REQUIRED WORK -
Each entry needs to be reproduced exactly, with none left out.

DATA SHOWN -

-- ===== src/Resolution/Sources.antt =====
-- scheduler/src/resolution.rs: the messages that answer a question, in the log and on the live route.
pub mod Agree
use agentbeacon.Base.{
  none, some, [], ◌∷◌, true, false, not, ◌&&◌, ◌||◌, ◌*◌, ◌+◌, ◌-◌, suc, zero, if◌then◌else◌, ◌>>=◌,
  refl, code, leb, ltb, ◌==◌, i64_max, Bool, List, Option, String, ℕ, ℤ, is_some_text, pos,
  filter_some, negsuc, is_positive,
}
use agentbeacon.Json.{Json, get_str}
use agentbeacon.Resolution.Parts.{
  Payload, role_user, answer_type, part_data, has_sender_part, answer_part_count, find_map,
  answer_text_from_parts, parts_domain_valid, top_role, parse_parts,
}

pub record AnswerSource : Type 0 where
  pub batch_id : String
  pub answer_text : Option String

pub data AnswerValidation : Type 0 where
  not_an_answer multiple_parts missing_escalation_event_id sender_present malformed_parts :
      AnswerValidation
  valid : ℤ → Option String → AnswerValidation

-- `data.batch_id`, of a part that answers.
unfoldable pub answer_batch_id : Json → Option String
answer_batch_id part = do
  d ← part_data part
  if is_some_text (get_str "type" d) answer_type then get_str "batch_id" d else none

unfoldable pub historical_answer_source_ref :
    Option String → List Json → Option (String × Option String)
unfolding has_sender_part answer_part_count find_map answer_batch_id answer_text_from_parts
historical_answer_source_ref role parts =
    if not (is_some_text role role_user)
    then none
    else if has_sender_part parts || not (answer_part_count parts == 1)
    then none
    else (do
      batch_id ← find_map answer_batch_id parts
      some (batch_id, answer_text_from_parts parts))

unfoldable pub historical_answer_source : Payload → Option AnswerSource
unfolding has_sender_part answer_part_count find_map answer_batch_id answer_text_from_parts top_role
    parse_parts
historical_answer_source payload =
    if not (is_some_text (top_role payload) role_user) then none else (do
      parts ← parse_parts payload
      if has_sender_part parts || not (answer_part_count parts == 1) then none else do
        batch_id ← find_map answer_batch_id parts
        some (record { batch_id = batch_id; answer_text = answer_text_from_parts parts }))

-- The digits of a decimal number, after those that gave `n`.
unfoldable pub decimal : ℕ → String → Option ℕ
decimal n String.[] = some n
decimal n (String.◌∷◌ c s) =
    let rest = decimal (10 * n + (code c - b'0')) s in
    if leb b'0' (code c) && leb (code c) b'9' then rest else none

-- `str::parse::<i64>`, without the sign: at least one digit.
unfoldable pub magnitude : String → Option ℕ
unfolding decimal
magnitude String.[] = none
magnitude (String.◌∷◌ c s) = decimal 0 (String.◌∷◌ c s)

abbrev pub in_i64 : Bool → ℕ → Option ℤ
in_i64 negative n =
    if negative
    then (if leb n (suc i64_max) then some (if n == 0 then pos 0 else negsuc (n - 1)) else none)
    else (if leb n i64_max then some (pos n) else none)

unfoldable pub parse_i64 : String → Option ℤ
unfolding magnitude
parse_i64 String.[] = none
parse_i64 (String.◌∷◌ c s) =
    if code c == b'-'
    then (do n ← magnitude s; in_i64 true n)
    else if code c == b'+'
    then (do n ← magnitude s; in_i64 false n)
    else (do n ← magnitude (String.◌∷◌ c s); in_i64 false n)

-- `data.escalation_event_id`, of a part that answers: a text that reads as a positive `i64`.
unfoldable pub answer_escalation_id : Json → Option ℤ
unfolding parse_i64
answer_escalation_id part = do
  d ← part_data part
  if is_some_text (get_str "type" d) answer_type
      then (do t ← get_str "escalation_event_id" d; filter_some is_positive (parse_i64 t))
      else none

unfoldable pub validate_live_answer : List Json → AnswerValidation
unfolding has_sender_part answer_part_count find_map answer_escalation_id answer_text_from_parts
    parts_domain_valid
validate_live_answer parts =
    let count = answer_part_count parts in
    if count == 0
    then not_an_answer
    else if ltb 1 count
    then multiple_parts
    else if not (parts_domain_valid parts)
    then malformed_parts
    else elim (find_map answer_escalation_id parts) [
      | none ↦ missing_escalation_event_id
      | some id ↦
          if has_sender_part parts then sender_present else valid id (answer_text_from_parts parts)
    ]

RESULT FOR THIS TASK -
-- ===== src/Resolution/Sources.antt =====
-- scheduler/src/resolution.rs: the messages that answer a question, in the log and on the live route.
pub mod Agree
use agentbeacon.Base.{
  none, some, [], ◌∷◌, true, false, not, ◌&&◌, ◌||◌, ◌*◌, ◌+◌, ◌-◌, suc, zero, if◌then◌else◌, ◌>>=◌,
  refl, code, leb, ltb, ◌==◌, i64_max, Bool, List, Option, String, ℕ, ℤ, is_some_text, pos,
  filter_some, negsuc, is_positive,
}
use agentbeacon.Json.{Json, get_str}
use agentbeacon.Resolution.Parts.{
  Payload, role_user, answer_type, part_data, has_sender_part, answer_part_count, find_map,
  answer_text_from_parts, parts_domain_valid, top_role, parse_parts,
}

pub record AnswerSource : Type 0 where
  pub batch_id : String
  pub answer_text : Option String

pub data AnswerValidation : Type 0 where
  not_an_answer multiple_parts missing_escalation_event_id sender_present malformed_parts :
      AnswerValidation
  valid : ℤ → Option String → AnswerValidation

-- `data.batch_id`, of a part that answers.
unfoldable pub answer_batch_id : Json → Option String
answer_batch_id part = do
  d ← part_data part
  if is_some_text (get_str "type" d) answer_type then get_str "batch_id" d else none

unfoldable pub historical_answer_source_ref :
    Option String → List Json → Option (String × Option String)
unfolding has_sender_part answer_part_count find_map answer_batch_id answer_text_from_parts
historical_answer_source_ref role parts =
    if not (is_some_text role role_user)
    then none
    else if has_sender_part parts || not (answer_part_count parts == 1)
    then none
    else (do
      batch_id ← find_map answer_batch_id parts
      some (batch_id, answer_text_from_parts parts))

unfoldable pub historical_answer_source : Payload → Option AnswerSource
unfolding has_sender_part answer_part_count find_map answer_batch_id answer_text_from_parts top_role
    parse_parts
historical_answer_source payload =
    if not (is_some_text (top_role payload) role_user) then none else (do
      parts ← parse_parts payload
      if has_sender_part parts || not (answer_part_count parts == 1) then none else do
        batch_id ← find_map answer_batch_id parts
        some (record { batch_id = batch_id; answer_text = answer_text_from_parts parts }))

-- The digits of a decimal number, after those that gave `n`.
unfoldable pub decimal : ℕ → String → Option ℕ
decimal n String.[] = some n
decimal n (String.◌∷◌ c s) =
    let rest = decimal (10 * n + (code c - b'0')) s in
    if leb b'0' (code c) && leb (code c) b'9' then rest else none

-- `str::parse::<i64>`, without the sign: at least one digit.
unfoldable pub magnitude : String → Option ℕ
unfolding decimal
magnitude String.[] = none
magnitude (String.◌∷◌ c s) = decimal 0 (String.◌∷◌ c s)

abbrev pub in_i64 : Bool → ℕ → Option ℤ
in_i64 negative n =
    if negative
    then (if leb n (suc i64_max) then some (if n == 0 then pos 0 else negsuc (n - 1)) else none)
    else (if leb n i64_max then some (pos n) else none)

unfoldable pub parse_i64 : String → Option ℤ
unfolding magnitude
parse_i64 String.[] = none
parse_i64 (String.◌∷◌ c s) =
    if code c == b'-'
    then (do n ← magnitude s; in_i64 true n)
    else if code c == b'+'
    then (do n ← magnitude s; in_i64 false n)
    else (do n ← magnitude (String.◌∷◌ c s); in_i64 false n)

-- `data.escalation_event_id`, of a part that answers: a text that reads as a positive `i64`.
unfoldable pub answer_escalation_id : Json → Option ℤ
unfolding parse_i64
answer_escalation_id part = do
  d ← part_data part
  if is_some_text (get_str "type" d) answer_type
      then (do t ← get_str "escalation_event_id" d; filter_some is_positive (parse_i64 t))
      else none

unfoldable pub validate_live_answer : List Json → AnswerValidation
unfolding has_sender_part answer_part_count find_map answer_escalation_id answer_text_from_parts
    parts_domain_valid
validate_live_answer parts =
    let count = answer_part_count parts in
    if count == 0
    then not_an_answer
    else if ltb 1 count
    then multiple_parts
    else if not (parts_domain_valid parts)
    then malformed_parts
    else elim (find_map answer_escalation_id parts) [
      | none ↦ missing_escalation_event_id
      | some id ↦
          if has_sender_part parts then sender_present else valid id (answer_text_from_parts parts)
    ]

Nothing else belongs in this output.